# Port upgrade (update?) confusion



## SeaHag (Feb 10, 2010)

I'd like someone to clear up the confusion with updating, or is it upgrading ports. 

1. First, what is the difference between "updating" a port and upgrading" a port?

2. There are so many utilities for maintaining ports, portsnap, portupgrade, portmaster. Which one should we use? I think portmaster is the latest and greatest so that's what I'm using. 

3. If using portmaster do we still need to do portsnap fetch update? or is that just for portsnap?

4. If using portmaster do we still need to do pkgdb to update the ports database or does portmaster not use either portsnap fetch update or pkgdb.

5. If I want to reinstall a port do I go to the port directory and type make deinstall then make install clean? Or just do portmaster <portname>?


----------



## SirDice (Feb 10, 2010)

Update or upgrade, for some people both mean the same thing 

But you basically _update_ your ports tree. To do that you can use portsnap or csup. Portsnap is probably the easiest to use. Both end up doing the same thing, namely updating the files in /usr/ports/.

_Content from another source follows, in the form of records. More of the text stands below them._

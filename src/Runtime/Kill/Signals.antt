-- ===== src/Runtime/Kill/Signals.antt =====
-- What the kill loop sends, and that its wait ends.
use littleorgans.Base.{
  ℕ, zero, suc, ◌+◌, ◌-◌, ◌*◌, ◌≤◌, ◌<◌, ◌≡◌, ◌≢◌, ◌∙◌, ◌⊎◌, inl, inr, refl, ap, true, false, ◌∷◌,
  ltb, arith, Bool-cases, Option-cases,
}
use littleorgans.Base.Exec.{Result, ok, err}
use littleorgans.Base.Action.{continue, ◌>>=◌}
use littleorgans.Base.Action.Keeps.{continue-pure}
use littleorgans.Runtime.Failure.{Failure}
use littleorgans.Runtime.Kill.{
  World, KillState, RuntimeSignal, KillOutcome, Grace, gone, over, out_of_fuel, kill, wait, is_gone,
  is_alive, ask, outcome_for_kill, after_signal, already_exited, sleep, finish, delivered_or_fail,
  signalled, poll_interval_ms, run_kill_loop, send, is_kill,
}

-- The end `r` of a wait from `s` in state `t`: nothing was sent, a wait that is over has reached its
-- deadline, and the fuel was enough.
record Waited (deadline : ℕ) (s : KillState) (r : Result Failure Grace) (t : KillState)
    : Type 0 where
  sent : t.sent ≡ s.sent
  reached : r ≡ ok over → deadline ≤ t.now_ms
  ends : r ≢ ok out_of_fuel

moved :
    (deadline : ℕ) (s t : KillState) (r : Result Failure Grace) (u : KillState)
    → t.sent ≡ s.sent
    → Waited deadline t r u
    → Waited deadline s r u
moved deadline s t r u same w = record { sent = w.sent ∙ same; reached = w.reached; ends = w.ends }

-- What the loop may have sent, the last first: the signal alone, or SIGKILL after another signal
-- and after the whole grace period.
abbrev pub Sent : RuntimeSignal → ℕ → KillState → KillState → Type 0
Sent which grace_secs s t =
    (t.sent ≡ which ∷ s.sent)
    ⊎ ((t.sent ≡ kill ∷ which ∷ s.sent)
        × (is_kill which ≡ false)
        × (s.now_ms + grace_secs * 1_000 ≤ t.now_ms))

module _ (world : World) where
  wait_lem :
      (fuel deadline : ℕ) (s : KillState)
      → deadline - s.now_ms < fuel
      → Waited deadline s (wait world fuel deadline s).0 (wait world fuel deadline s).1
  unfolding wait ◌>>=◌ is_gone ask is_alive sleep
  wait_lem zero deadline s enough = record {
    sent = ground arith;
    reached = ground arith;
    ends = ground arith;
  }
  wait_lem (suc fuel) deadline s enough = elim (Bool-cases (ltb s.now_ms deadline)) [
    | inr late ↦ rw late (record { sent = refl; reached = λ e. ground arith; ends = λ e. cc })
    | inl early ↦ elim (Bool-cases (world.terminal s.clock)) [
      | inl ended ↦ rw (early, ended) (record { sent = refl; reached = λ e. cc; ends = λ e. cc })
      | inr unended ↦ elim (Option-cases (world.alive (s.clock + 1))) [
        | inl broken ↦
            rw (early, unended, broken) (record { sent = refl; reached = λ e. cc; ends = λ e. cc })
        | inr (true, up) ↦
            let t = record s {
              clock = s.clock + 1 + 1 + 1;
              now_ms =
                  s.now_ms
                  + world.takes_ms s.clock
                  + world.takes_ms (s.clock + 1)
                  + poll_interval_ms
                  + world.takes_ms (s.clock + 1 + 1);
            } in
            rw (early, unended, up)
              (moved deadline s t _ _ refl (wait_lem fuel deadline t (ground arith)))
        | inr (false, down) ↦
            rw (early, unended, down) (record { sent = refl; reached = λ e. cc; ends = λ e. cc })
      ]
    ]
  ]

  -- The wait of the kill loop ends: its fuel is enough for any answers.
  pub wait_ends :
      (grace_secs : ℕ) (s : KillState)
      → (wait world (suc (grace_secs * 1_000)) (s.now_ms + grace_secs * 1_000) s).0 ≢ ok out_of_fuel
  wait_ends grace_secs s =
      (wait_lem (suc (grace_secs * 1_000)) (s.now_ms + grace_secs * 1_000) s (ground arith)).ends

  finish-Sent :
      (which : RuntimeSignal) (grace_secs deadline : ℕ) (s t : KillState) (r : Result Failure Grace)
      (u : KillState)
      → t.sent ≡ which ∷ s.sent
      → s.now_ms + grace_secs * 1_000 ≤ deadline
      → Waited deadline t r u
      → Sent which grace_secs s (continue r (finish world which signalled) u).1
  unfolding is_alive ask send ◌>>=◌
  finish-Sent which grace_secs deadline s t (err e) u one late w = inl (w.sent ∙ one)
  finish-Sent which grace_secs deadline s t (ok gone) u one late w = inl (w.sent ∙ one)
  finish-Sent which grace_secs deadline s t (ok out_of_fuel) u one late w = inl (w.sent ∙ one)
  finish-Sent which grace_secs deadline s t (ok over) u one late w =
      let past = w.reached refl in
      elim (Option-cases (world.alive u.clock)) [
        | inl broken ↦ rw broken (inl (w.sent ∙ one))
        | inr (false, down) ↦ rw down (inl (w.sent ∙ one))
        | inr (true, up) ↦ elim (Bool-cases (is_kill which)) [
          | inl hard ↦ rw (up, hard) (inl (w.sent ∙ one))
          | inr soft ↦
              let struck = record u {
                clock = u.clock + 1 + 1;
                now_ms = u.now_ms + world.takes_ms u.clock + world.takes_ms (u.clock + 1);
                sent = kill ∷ u.sent;
              } in
              let kept =
                continue-pure (delivered_or_fail (world.deliver (u.clock + 1))) (λ _. signalled)
                  struck in
              rw (up, soft, kept) (inr (ap (λ x. kill ∷ x) (w.sent ∙ one), refl, omega arith))
        ]
      ]

  answered :
      (which : RuntimeSignal) (grace_secs : ℕ) (s t : KillState) (r : Result Failure KillOutcome)
      → t.sent ≡ which ∷ s.sent
      → s.now_ms ≤ t.now_ms
      → Sent which grace_secs s (continue r (after_signal world which grace_secs) t).1
  unfolding ◌>>=◌
  answered which grace_secs s t (err e) one later = inl one
  answered which grace_secs s t (ok already_exited) one later = inl one
  answered which grace_secs s t (ok signalled) one later =
      let deadline = t.now_ms + grace_secs * 1_000 in
      let waited = wait world (suc (grace_secs * 1_000)) deadline t in
      finish-Sent which grace_secs deadline s t waited.0 waited.1 one (omega arith)
        (wait_lem (suc (grace_secs * 1_000)) deadline t (ground arith))

  -- Whatever the target answers and however long the questions take, the kill loop sends the signal
  -- that was asked for once, and after it nothing but one SIGKILL, which is sent only if the signal
  -- was another one and the grace period is over.
  pub run_kill_loop-Sent :
      (which : RuntimeSignal) (grace_secs : ℕ) (s : KillState)
      → Sent which grace_secs s (run_kill_loop world which grace_secs s).1
  unfolding run_kill_loop ◌>>=◌ send
  run_kill_loop-Sent which grace_secs s =
      let t = record s {
        clock = s.clock + 1;
        now_ms = s.now_ms + world.takes_ms s.clock;
        sent = which ∷ s.sent;
      } in
      answered which grace_secs s t (outcome_for_kill (world.deliver s.clock)) refl (omega arith)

You _upgrade_ a port if you go from a version 0.1 to 0.2 i.e. To install and/or upgrade ports (aka 3rd party software) you can use portmaster or portupgrade. Both are great tools if you know how to use them. I've used portupgrade for many years and have recently switched to portmaster. The reason was simple, portmaster has no dependencies. It uses the standard pkg_tools to keep things organized. Portupgrade uses a database to keep track. This database can be a little unforgiven at times 

Keep in mind that the "ports tree" is only a bunch of files that tell the system how to fetch and build a piece of external software. The external software is what's known as a port. To uninstall a port you should use pkg_delete(1). Use the *-x* option to make life a little easier. Or if you have portupgrade installed you can use pkg_deinstall(1).


----------



## DutchDaemon (Feb 10, 2010)

1. They're interchangeable when it comes to ports (installed applications); when talking about the ports _tree_ (/usr/ports), it's usually 'updating'.

2. Hold it: *portsnap* is used for keeping the *ports tree* (/usr/ports) up to date; *portupgrade*, *portmaster* and *portmanager* are used to keep *installed ports* (the stuff listed in [cmd=]pkg_info[/cmd]) up to date. Use what you like best; portupgrade and portmaster are the big players, and portmaster is the leanest and simplest of the two.

3. See 2 - they're not the same things; you'll always need *portsnap* for updating the *ports tree*. You''ll need one of *portupgrade*, *portmaster* or *portmanager* to update your *installed ports*.

4. portmaster needs no database, it uses the available data on the fly; portupgrade uses a database, and tools like pkgdb. Portsnap, again: entirely different thing.

5. Reinstalling a port is indeed easy with portmaster; just run [cmd=]portmaster category/port[/cmd], e.g. [cmd=]portmaster www/apache22[/cmd]. If Apache is not installed, it will be; if it is installed, it will be reinstalled. For an already installed port you can also use [cmd=]portmaster <port>[/cmd] (where <port> is the name showing up in [cmd=]pkg_info[/cmd]). If you want to get rid of it, use [cmd=]pkg_delete <port>[/cmd].


----------